# Finder hot key?



## untz (Oct 24, 2005)

Hello,

Is there a way to launch Finder using just the keyboard? Or does one have to explicitly set a key mapping (if so, how does one do this)?

Many, many, thanks!


----------



## cybergoober (Oct 24, 2005)

Uh...   

Are you quitting Finder or something because there should be no need to launch Finder. It should always be running. If you just want to switch to the Finder you can hit the apple key + tab key and tab until you get to Finder then release the keys.

Otherwise:

Need more info to be able to help you.


----------



## untz (Oct 24, 2005)

Well, on WinXP, one could press command + e to automatically launch Windows Explorer... 

Just was wondering if there was something similar to this, for Finder, on Mac OS X.

Kindest regards,


----------



## ElDiabloConCaca (Oct 24, 2005)

Simply use Command-Tab while holding down option to select the Finder (and hide other applications at the same time), then press Command-N for a new default Finder window

I think that's the best you're gonna get on Mac OS X...


----------



## Veljo (Oct 24, 2005)

Also, if you want to go the Finder and have a window open, click on the Finder icon on the left side of the Dock.


----------



## barhar (Oct 24, 2005)

Unknown information:
System / MacOS X verison ... thus, MacOS X assumed.

'Is there a way to launch Finder using just the keyboard?', yes.
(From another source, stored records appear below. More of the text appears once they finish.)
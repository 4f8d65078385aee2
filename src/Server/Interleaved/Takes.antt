-- ===== src/Server/Interleaved/Takes.antt =====
-- What a thread owns when it takes the completion of a pending operation.
use amsserver.Server.Interleaved.Kept.{AreKept-same, IsClear-IsFree}
use mathlib.Core.Path.{subst}
use amsserver.Server.System.Taken.{without, IsFree-take}
use native.Mathlib.Decide.{ℕ_discrete}
use amsserver.Server.System.Owned.{Spares, IsFree}
use amsserver.Server.Interleaved.Handles.{learn}
use amsserver.Io.World.{World, Pending}
use amsserver.Io.Buffer.{send_posted, accept_posted, recv_posted, null_posted, OperationType}
use amsserver.Base.{refl, ◌≡◌, ◌∷◌, [], none, ℕ, List, ◌≢◌, ◌++◌, sym, arith, inl, inr}
use amsserver.Server.Interleaved.Own.{
  Own, holds, looks, none_of, leaves, sends, Role, After, IsClear, AreKept, AreDistinct, Shares,
  Backs, Steady, IsKept, Claim, Claims,
}
use amsserver.Server.Interleaved.Claims.{assign, Claim-same, After-at}

IsClear-take :
    (p : ℕ) (op : Pending) (before after : List Pending)
    → IsClear p (before ++ op ∷ after)
    → (op.io ≢ p) × IsClear p (before ++ after)
IsClear-take p op [] after f = f
IsClear-take p op (x ∷ before) after (c, f) =
    let (d, e) = IsClear-take p op before after f in (d, (c, e))

AreKept-take :
    (w : World) (op : Pending) (before after : List Pending)
    → AreKept w (before ++ op ∷ after)
    → IsKept w op × AreKept w (before ++ after)
AreKept-take w op [] after b = b
AreKept-take w op (x ∷ before) after (c, b) =
    let (d, e) = AreKept-take w op before after b in (d, (c, e))

AreDistinct-take :
    (op : Pending) (before after : List Pending)
    → AreDistinct (before ++ op ∷ after)
    → IsClear op.io (before ++ after) × AreDistinct (before ++ after)
AreDistinct-take op [] after d = d
AreDistinct-take op (x ∷ before) after (c, d) =
    let (n, f) = IsClear-take x.io op before after c in
    let (g, h) = AreDistinct-take op before after d in (((λ e. n (sym e)), g), (f, h))

-- An accept or a receive is pending on no io that a thread has.
spared : (k : OperationType) (p : ℕ) → k ≢ send_posted → Spares k p p → ⊥
spared accept_posted p n s = s refl
spared recv_posted p n s = s refl
spared send_posted p n s = n refl
spared null_posted p n s = s refl

Backs-held :
    (k : OperationType) (p : ℕ) (w : World) → k ≢ send_posted → Backs k p w → w.ios p ≢ none
Backs-held accept_posted p w n b = b
Backs-held recv_posted p w n b = b
Backs-held send_posted p w n b = absurd (n refl)
Backs-held null_posted p w n b = b

module _ (w : World) (op : Pending) (before after : List Pending) (s : Steady w)
    (e : w.pending ≡ before ++ op ∷ after) where
  abbrev rest_of : World
  rest_of = without before after w

  pub IsKept-taken : IsKept w op
  IsKept-taken = (AreKept-take w op before after (subst (AreKept w) e s.kept)).0

  IsClear-taken : IsClear op.io (before ++ after)
  IsClear-taken = (AreDistinct-take op before after (subst AreDistinct e s.distinct)).0

  Steady-taken : Steady rest_of
  Steady-taken = record {
    next_io_given = s.next_io_given;
    next_handle_given = s.next_handle_given;
    listener_given = s.listener_given;
    listener_there = s.listener_there;
    kept =
        AreKept-same w rest_of (before ++ after) refl refl (λ k h. h)
          (AreKept-take w op before after (subst (AreKept w) e s.kept)).1;
    distinct = (AreDistinct-take op before after (subst AreDistinct e s.distinct)).1;
  }

  Claim-rest : (y : Role) (p : ℕ) → Claim y p w → Claim y p rest_of
  Claim-rest y p =
      Claim-same y p w rest_of (omega arith) refl
        (λ f. (IsClear-take p op before after (subst (IsClear p) e f)).1)
        (λ f. (IsFree-take p op before after (subst (IsFree p) e f)).1)

  -- What a thread has of the io of a pending operation.
  clear_not : IsClear op.io w.pending → ⊥
  clear_not f = (IsClear-take op.io op before after (subst (IsClear op.io) e f)).0 refl

  free_not : op.kind ≢ send_posted → IsFree op.io w.pending → ⊥
  free_not n f =
      spared op.kind op.io n (IsFree-take op.io op before after (subst (IsFree op.io) e f)).0

  near_held :
      op.kind ≢ send_posted → (y : Role) → Claim y op.io w → Shares holds y × Claim y op.io rest_of
  near_held n none_of c = (tt, tt)
  near_held n holds c = absurd (clear_not c.3)
  near_held n sends c = absurd (clear_not c.3)
  near_held n leaves c = absurd (free_not n c.3)
  near_held n looks c = absurd (free_not n c.1)

  near_sent : (y : Role) → Claim y op.io w → Shares looks y × Claim y op.io rest_of
  near_sent none_of c = (tt, tt)
  near_sent holds c = absurd (clear_not c.3)
  near_sent sends c = absurd (clear_not c.3)
  near_sent leaves c = (tt, Claim-rest leaves op.io c)
  near_sent looks c = (tt, Claim-rest looks op.io c)

  pub After-held :
      (r : Own) → op.kind ≢ send_posted → Claims r w → After r (assign op.io holds r) w rest_of
  After-held r n =
      let k = IsKept-taken in
      After-at r w rest_of op.io holds Steady-taken
        (k.1, k.2, Backs-held op.kind op.io w n k.4, IsClear-taken) (λ y p d c. Claim-rest y p c)
        (λ y f c. near_held n y c) (λ q i. i) refl

  pub After-sent :
      (r : Own) → op.kind ≡ send_posted → Claims r w → After r (assign op.io looks r) w rest_of
  After-sent r n =
      let k = IsKept-taken in
      After-at r w rest_of op.io looks Steady-taken
        (
          k.2,
          IsClear-IsFree op.io (before ++ after) IsClear-taken,
          subst (λ o. Backs o op.io w) n k.4,
        )
        (λ y p d c. Claim-rest y p c) (λ y f c. near_sent y c) (λ q i. i) refl

pub After-trans : (q r s : Own) (u v w : World) → After q r u v → After r s v w → After q s u w
After-trans q r s u v w a b = record {
  steady = b.steady;
  claims = b.claims;
  others = λ t f c. let (g, d) = a.others t f c in b.others t g d;
  mutex = λ e. elim (b.mutex e) [
    | inl m ↦ inl m
    | inr (f, g) ↦ elim (a.mutex f) [ inl m ↦ inl (g m) | inr (h, i) ↦ inr (h, λ j. g (i j)) ]
  ];
}

pub After-learn :
    (r s : Own) (q : ℕ) (w v : World) → v.handles q ≢ none → After r s w v → After r (learn q s) w v
After-learn r s q w v h a = record {
  steady = a.steady;
  claims = record {
    ios = a.claims.ios;
    handles = λ k e. elim (ℕ_discrete q k) [
      | yes f ↦ subst (λ k. v.handles k ≢ none) f h
      | no n ↦ a.claims.handles k (ground (arith, e))
    ];
    mutex = a.claims.mutex;
  };
  others = λ t f c. let (g, d) = a.others t f c in (record { ios = g.ios; mutex = g.mutex }, d);
  mutex = a.mutex;
}
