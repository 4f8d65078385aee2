-- ===== src/Server/Interleaved/Completions.antt =====
-- The round that a thread begins with the completion of a pending operation.
use amsserver.Server.System.Safe.{with_io}
use amsserver.Server.Interleaved.Accepts.{Unlocked}
use amsserver.Server.Interleaved.Handlers.{worker_round_steps}
use mathlib.Core.Path.{subst}
use amsserver.Server.Interleaved.Rounds.{sent_round-Keeps, Allows, worker_round-Keeps}
use amsserver.Server.Interleaved.Rules.{Keeps, Tame}
use amsserver.Server.System.Sound.{some_of_ne}
use amsserver.Server.Interleaved.Takes.{
  After-sent, IsKept-taken, After-learn, After-held, After-trans,
}
use amsserver.Server.Interleaved.Handles.{learn}
use amsserver.Server.Interleaved.Calls.{After-refl, Claim-holds, After-store}
use amsserver.Server.System.Taken.{store_received, without, with_received}
use amsserver.Server.Worker.{Completion}
use amsserver.Io.World.{World, Answers, Pending}
use amsserver.Io.Buffer.{
  send_posted, recv_posted, null_posted, accept_posted, OperationType, receive,
}
use amsserver.Base.{
  refl, ◌≡◌, ◌∷◌, true, false, inl, Bytes, ℕ, List, ◌++◌, ◌≢◌, arith, ap, ◌∙◌, sym,
}
use amsserver.Server.Interleaved.Own.{Own, holds, looks, Steady, Claims, After}
use amsserver.Server.Interleaved.Claims.{assign, replace_self}

-- The bytes of a receive are stored in the io that the thread now holds.
After-received :
    (k : OperationType) (r : Own) (p : ℕ) (bytes : Bytes) (w : World)
    → r.role p ≡ holds
    → Steady w
    → Claims r w
    → (s : Own) × After r s w (store_received k p bytes w)
      × (s.role p ≡ holds)
      × (s.locks ≡ r.locks)
      × (s.knows ≡ r.knows)
After-received accept_posted r p bytes w h s c = (r, After-refl r w s c, h, refl, refl)
After-received send_posted r p bytes w h s c = (r, After-refl r w s c, h, refl, refl)
After-received null_posted r p bytes w h s c = (r, After-refl r w s c, h, refl, refl)
After-received recv_posted r p bytes w h s c =
    let (d, e) = some_of_ne (w.ios p) (Claim-holds (r.role p) p w (inl h) (c.ios p)).2 in
    (
      assign p holds r,
      subst (λ o. After r (assign p holds r) w (with_io p (with_received bytes o) w)) (sym e)
          (After-store r p holds (receive d bytes) w (inl h) (inl refl) s c),
      replace_self r.role p holds,
      refl,
      refl,
    )

-- What a thread may do with a completion that it has taken.
module _ (sizes : Bytes → ℕ) (a : Answers) (c : Completion) (op : Pending) (w : World)
    (before after : List Pending) (bytes : Bytes) (r : Own) (s : Steady w)
    (e : w.pending ≡ before ++ op ∷ after) (k : c.key ≡ op.key) (p : c.io ≡ op.io)
    (l : r.locks ≡ false) (m : Claims r w) where
  abbrev Begins : OperationType → Type 0
  Begins o =
      (t : Own) × After r t w (store_received o op.io bytes (without before after w))
      × Keeps (Allows o) t (worker_round_steps sizes a c) Unlocked

  known : (q : Own) → (learn op.key q).knows c.key ≡ true
  known q = ground (arith, k)

  begun_held :
      (o : OperationType)
      → op.kind ≢ send_posted
      → (t : Own) × After r t w (store_received o op.io bytes (without before after w))
        × Keeps Tame t (worker_round_steps sizes a c) Unlocked
  begun_held o n =
      let b = IsKept-taken w op before after s e in
      let x =
        After-learn r (assign op.io holds r) op.key w (without before after w) b.3
          (After-held w op before after s e r n m) in
      let q : Own = learn op.key (assign op.io holds r) in
      let (t, y, h, g, f) =
        After-received o q op.io bytes (without before after w) (replace_self r.role op.io holds)
          x.steady x.claims in
      (
        t,
        After-trans r q t w (without before after w) _ x y,
        worker_round-Keeps sizes a c t (ap t.role p ∙ h)
            (ap (λ u. u c.key) f ∙ known (assign op.io holds r)) (λ z. b.0 (sym k ∙ z)) (g ∙ l),
      )

  begun_on : (o : OperationType) → op.kind ≡ o → Begins o
  begun_on accept_posted f = begun_held accept_posted (λ g. cc)
  begun_on recv_posted f = begun_held recv_posted (λ g. cc)
  begun_on null_posted f = begun_held null_posted (λ g. cc)
  begun_on send_posted f = (
    assign op.io looks r,
    After-sent w op before after s e r f m,
    sent_round-Keeps sizes a c (assign op.io looks r)
        (ap (assign op.io looks r).role p ∙ replace_self r.role op.io looks) l,
  )

  pub begun : Begins op.kind
  begun = begun_on op.kind refl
'Or does one have to explicitly set a key mapping (if so, how does one do this)?', you cannot have an 'or' here. By default, you cannot quit 'Finder'; but, if you do - you will either click once on the 'Dock' based 'Finder' icon, 'or' use a third party application ('iKey', 'QuicKeys', ... to assign a keyboard equivalent) - to launch 'Finder'.
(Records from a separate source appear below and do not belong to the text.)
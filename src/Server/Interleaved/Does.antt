-- ===== src/Server/Interleaved/Does.antt =====
-- Steps that no other thread interrupts, against the monad of Io/World.
pub mod Posts
use amsserver.Base.{refl, ◌≡◌, if◌then◌else◌, true, false, done, crash, Outcome, ◌∙◌, Bool, ap}
use amsserver.Server.Interleaved.Steps.{
  Steps, gives, breaks, waits, calls, call, pure, wait_mutex, run, locked,
}
use amsserver.Server.Interleaved.Steps
use amsserver.Io.World.{World, M, give, lift, ◌>>=◌, wait_heap_protect_mutex}

-- With no other thread between them, the steps do what the handler does.
abbrev pub Does : {A : Type 0} → Steps A → M A → Type 0
Does p m = (w : World) → run p w ≡ m w

pub run-bind :
    {A B : Type 0} (p : Steps A) (f : A → Steps B) (w : World)
    → run (Steps.◌>>=◌ p f) w ≡ (run p >>= λ x. run (f x)) w
unfolding run
run-bind (gives x) f w = refl
run-bind (breaks e) f w = refl
run-bind (waits k) f w = run-bind k f (locked w)
run-bind {A} {B} (calls {B = C} m k) f w = go (λ b v. run-bind (k b) f v) (m w)
  where
    go :
        ((b : C) (v : World) → run (Steps.◌>>=◌ (k b) f) v ≡ (run (k b) >>= λ x. run (f x)) v)
        → (o : Outcome (C × World))
        → (elim o as (λ _. Outcome (B × World)) [
          | done (b, v) ↦ run (Steps.◌>>=◌ (k b) f) v
          | crash e ↦ crash e
        ])
          ≡ elim (elim o as (λ _. Outcome (A × World)) [
            | done (b, v) ↦ run (k b) v
            | crash e ↦ crash e
          ])
              as (λ _. Outcome (B × World)) [ done (x, v) ↦ run (f x) v | crash e ↦ crash e ]
    go h (done (b, v)) = h b v
    go h (crash e) = refl

bind-same :
    {A B : Type 0} (o : Outcome (A × World)) (f g : A → M B)
    → ((x : A) (v : World) → f x v ≡ g x v)
    → elim o as (λ _. Outcome (B × World)) [ done (x, v) ↦ f x v | crash e ↦ crash e ]
      ≡ elim o as (λ _. Outcome (B × World)) [ done (x, v) ↦ g x v | crash e ↦ crash e ]
bind-same (done (x, v)) f g h = h x v
bind-same (crash e) f g h = refl

pub Does-bind :
    {A B : Type 0} (p : Steps A) (m : M A) (f : A → Steps B) (g : A → M B)
    → Does p m
    → ((x : A) → Does (f x) (g x))
    → Does (Steps.◌>>=◌ p f) (m >>= g)
Does-bind {A} {B} p m f g d e w =
    run-bind p f w
    ∙ ap
        (λ (o : Outcome (A × World)). elim o as (λ _. Outcome (B × World)) [
          | done (x, v) ↦ run (f x) v
          | crash e ↦ crash e
        ])
        (d w)
    ∙ bind-same (m w) (λ x. run (f x)) g e

pub Does-call : {A : Type 0} (m : M A) → Does (call m) m
unfolding run
Does-call {A} m w = go (m w)
  where
    go :
        (o : Outcome (A × World))
        → elim o as (λ _. Outcome (A × World)) [ done (x, v) ↦ done (x, v) | crash e ↦ crash e ] ≡ o
    go (done (x, v)) = refl
    go (crash e) = refl

pub Does-gives : {A : Type 0} (x : A) → Does (gives x) (give x)
unfolding run
Does-gives x w = refl

pub Does-if :
    {A : Type 0} (b : Bool) (p q : Steps A) (m n : M A)
    → Does p m
    → Does q n
    → Does (if b then p else q) (if b then m else n)
Does-if true p q m n d e = d
Does-if false p q m n d e = e
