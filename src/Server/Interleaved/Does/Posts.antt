-- ===== src/Server/Interleaved/Does/Posts.antt =====
-- The steps of a post for a connection, taken by one thread that is not interrupted, against `PostAcceptEx`
-- of Server/Iocp.
use amsserver.Server.Interleaved.Does.{Does, Does-if, Does-call, Does-gives, Does-bind}
use amsserver.Io.Buffer.{accept_posted, PerIoData, prepare, reset_io_buf}
use amsserver.Base.{ℕ, ◌==◌, none, some, inl, inr, Bool-cases, Option}
use amsserver.Server.Interleaved.Steps.{
  Steps, gives, breaks, waits, calls, call, pure, wait_mutex, run, locked, goes,
}
use amsserver.Server.Interleaved.Steps
use amsserver.Server.Interleaved.Handlers.{
  start_accept, accept_or_close_steps, post_accept_ex_steps,
}
use amsserver.Server.Iocp.{accept_or_close, post_accept_ex, close_socket}
use amsserver.Io.World.{M, give, ◌>>=◌, ◌>>◌, Answers, load, store}

module _ (a : Answers) where
  abbrev closed_socket : ℕ → M (Unit {0})
  closed_socket p =
      close_socket a.wsa_socket >> (load p >>= λ d. store p (record d { acceptsocket = none }))

  Does-closed :
      (p : ℕ)
      → Does
          (Steps.◌>>◌
            (call (close_socket a.wsa_socket))
            (Steps.◌>>=◌ (call (load p)) λ d. call (store p (record d { acceptsocket = none }))))
          (closed_socket p)
  Does-closed p = Does-bind _ _ _ _ (Does-call (close_socket a.wsa_socket)) λ x.
      Does-bind _ _ _ _ (Does-call (load p))
        λ d. Does-call (store p (record d { acceptsocket = none }))

  Does-accept_or_close : (p : ℕ) → Does (accept_or_close_steps a p) (accept_or_close a p)
  unfolding accept_or_close_steps accept_or_close
  Does-accept_or_close p w = elim (Bool-cases a.accept_ex) [
    | inl e ↦ rw e (Does-call (start_accept p) w)
    | inr e ↦ rw e (Does-closed p w)
  ]

  pub Does-post_accept_ex : (p : ℕ) → Does (post_accept_ex_steps a p) (post_accept_ex a p)
  unfolding post_accept_ex_steps post_accept_ex
  Does-post_accept_ex p = Does-if (p == 0) _ _ _ _ (Does-gives tt) (
      Does-bind _ _ _ _ (Does-call (load p)) λ d.
        Does-bind _ _ _ _ (Does-call (store p (record d { acceptsocket = a.wsa_socket })))
          λ x. opened d a.wsa_socket)
    where
      opened :
          (d : PerIoData) (o : Option ℕ)
          → Does
              (elim o as (λ _. Steps (Unit {0})) [
                | none ↦ gives tt
                | some s ↦
                    Steps.◌>>◌
                      (call (
                        store p (
                          prepare accept_posted
                            (reset_io_buf (record d { acceptsocket = some s })))))
                      (accept_or_close_steps a p)
              ])
              (elim o as (λ _. M (Unit {0})) [
                | none ↦ give tt
                | some s ↦
                    store p
                      (prepare accept_posted (reset_io_buf (record d { acceptsocket = some s })))
                    >> accept_or_close a p
              ])
      opened d none = Does-gives tt
      opened d (some s) =
          Does-bind _ _ _ _
            (Does-call
              (store p (prepare accept_posted (reset_io_buf (record d { acceptsocket = some s })))))
            λ x. Does-accept_or_close p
Note: 'Windows Explorer' - on an Intel / Intel Clone PC, and 'Finder' - on a Mac, are not equivalents, regardless of their similarities.


----------



## untz (Oct 24, 2005)

barhar,

Thanks for the info. I use OS X Tiger, running on a G4 PowerBook....

You wrote: 

'Is there a way to launch Finder using just the keyboard?', yes.

What is the way to launch it using just the keyboard? You didn't specify how to do it, you just stated that it was possible.

Many, many thanks!


----------



## fryke (Oct 24, 2005)

Cmd-Tab to Finder. Cmd-Opt-H to hide everything else (if needed). Cmd-N for a new Finder window.
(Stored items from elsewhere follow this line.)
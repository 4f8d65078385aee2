-- ===== src/Server/Interleaved/Finite.antt =====
-- The threads that take no new completion take only so many steps.
use amsserver.Server.Interleaved.Claims.{replace_ne}
use amsserver.Server.Interleaved.Steps.{locked, calls, faults}
use native.Mathlib.Decide.{ℕ_discrete}
use mathlib.Core.Path.{subst}
use amsserver.Io.World.{World}
use amsserver.Server.Interleaved.Steps.{
  Stepped, advance, Steps, goes, gives, breaks, waits, blocked,
}
use amsserver.Base.{
  refl, ◌≡◌, if◌then◌else◌, true, false, zero, suc, done, crash, ℕ, Bool, arith, ap, ◌∙◌, Outcome,
  sym,
}
use mathlib.Core.WellFounded.{Acc}
use amsserver.Server.Interleaved.Pool.{Pool, Thread, Goes, goes_on, replace}

-- `q` is what is left of `p` after one step in some world.
abbrev Follows : Steps Bool → Steps Bool → Type 1
Follows q p = (w v : World) × (advance p w ≡ goes q v)

abbrev AccFrom : Stepped Bool → Type 1
AccFrom (goes q v) = Acc Follows q
AccFrom _ = Unit {1}

Follows-of : (p : Steps Bool) → ((w : World) → AccFrom (advance p w)) → Acc Follows p
Follows-of p h = Acc.intro p (λ q (w, v, e). subst AccFrom e (h w))

AccFrom-wait :
    (b : Bool) (k : Steps Bool) (w : World)
    → Acc Follows k
    → AccFrom (if b then blocked else goes k w)
AccFrom-wait true k w h = tt
AccFrom-wait false k w h = h

AccFrom-call :
    {B : Type 0} (o : Outcome (B × World)) (k : B → Steps Bool)
    → ((b : B) → Acc Follows (k b))
    → AccFrom (elim o [ done (b, v) ↦ goes (k b) v | crash e ↦ faults e ])
AccFrom-call (done (b, v)) k h = h b
AccFrom-call (crash e) k h = tt

next_Acc : (p : Steps Bool) (w : World) → AccFrom (advance p w)
unfolding advance
next_Acc (gives x) w = tt
next_Acc (breaks e) w = tt
next_Acc (waits k) w = AccFrom-wait w.heap_locked k (locked w) (Follows-of k (λ u. next_Acc k u))
next_Acc (calls m k) w = AccFrom-call (m w) k (λ b. Follows-of (k b) (λ u. next_Acc (k b) u))

-- One thread takes only so many steps.
Follows-Acc : (p : Steps Bool) → Acc Follows p
Follows-Acc p = Follows-of p (next_Acc p)

-- `t` comes of `s` by one step.
abbrev pub Comes : ℕ → Pool → Pool → Type 1
Comes n t s = Goes n s t

replace_at {ℓ} : {A : Type ℓ} (f : ℕ → A) (i n : ℕ) (x : A) → i ≡ n → replace f i x n ≡ x
replace_at f i n x e = ground (arith, e)

-- One more thread.
module _ (n : ℕ) (all : (s : Pool) → Acc (Comes n) s) where
  more_Acc :
      (p : Steps Bool)
      → Acc Follows p
      → (s : Pool) → (s.thread n).rest ≡ p
      → Acc (Comes n) s
      → Acc (Comes (suc n)) s
  more_Acc p (Acc.intro _ h) s e (Acc.intro _ k) = Acc.intro s λ t g. elim g [
    | goes_on i rest w l f q ↦ elim (ℕ_discrete i n) [
      | yes d ↦
          more_Acc rest
            (h rest (
              s.world,
              w,
              subst (λ r. advance r s.world ≡ goes rest w) (ap (λ j. (s.thread j).rest) d ∙ e) f,
            ))
            t
            (ap (λ u. (u.thread n).rest) q
              ∙ ap (λ (u : Thread). u.rest) (replace_at s.thread i n _ d))
            (all t)
      | no d ↦
          more_Acc p (Acc.intro p h) t
            (ap (λ u. (u.thread n).rest) q
              ∙ ap (λ (u : Thread). u.rest) (replace_ne s.thread i n _ (λ c. d (sym c)))
              ∙ e)
            (k t (goes_on i rest w (omega arith) f q))
    ]
  ]

pub Comes-Acc : (n : ℕ) (s : Pool) → Acc (Comes n) s
Comes-Acc zero s =
    Acc.intro s (λ t g. elim g [ goes_on i rest w l f q ↦ absurd (omega (arith, l)) ])
Comes-Acc (suc n) s =
    more_Acc n (Comes-Acc n) (s.thread n).rest (Follows-Acc (s.thread n).rest) s refl
      (Comes-Acc n s)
I don't know what ElDiablo means by "Command-Tab while holding down option", since that would actually be Cmd-Opt-Tab, which doesn't work the way he intends to. But no, there's nothing like Windows-E for a new Finder window from anywhere in the system, so you have to work around things by switching to the Finder first. Once you're in Finder, Cmd-N is your friend.

If you have a utility like LaunchBar or QuickSilver, you can "launch" Finder (even if already running) and it'll create a new window, too, just like clicking on the Finder in the Dock does. If no Finder window was already open, that is.


----------



## barhar (Oct 25, 2005)

'What is the way to launch it using just the keyboard? You didn't specify how to do it, you just stated that it was possible.', yes I did ...

To use (your words in single quotes) 'just the keyboard' ... 'one' has 'to explicitiy set a key'-board equivalent, with a third party application; thus, the reason why I stated you cannot have an 'or' here, as you did in ...

'Is there a way to launch Finder using just the keyboard? Or does one have to explicitly set a key mapping (if so, how does one do this)?'


----------



## g/re/p (Oct 25, 2005)

There is an app called Quicksilver that will open a finder window,
or any Application on your mac, using keyboard commands.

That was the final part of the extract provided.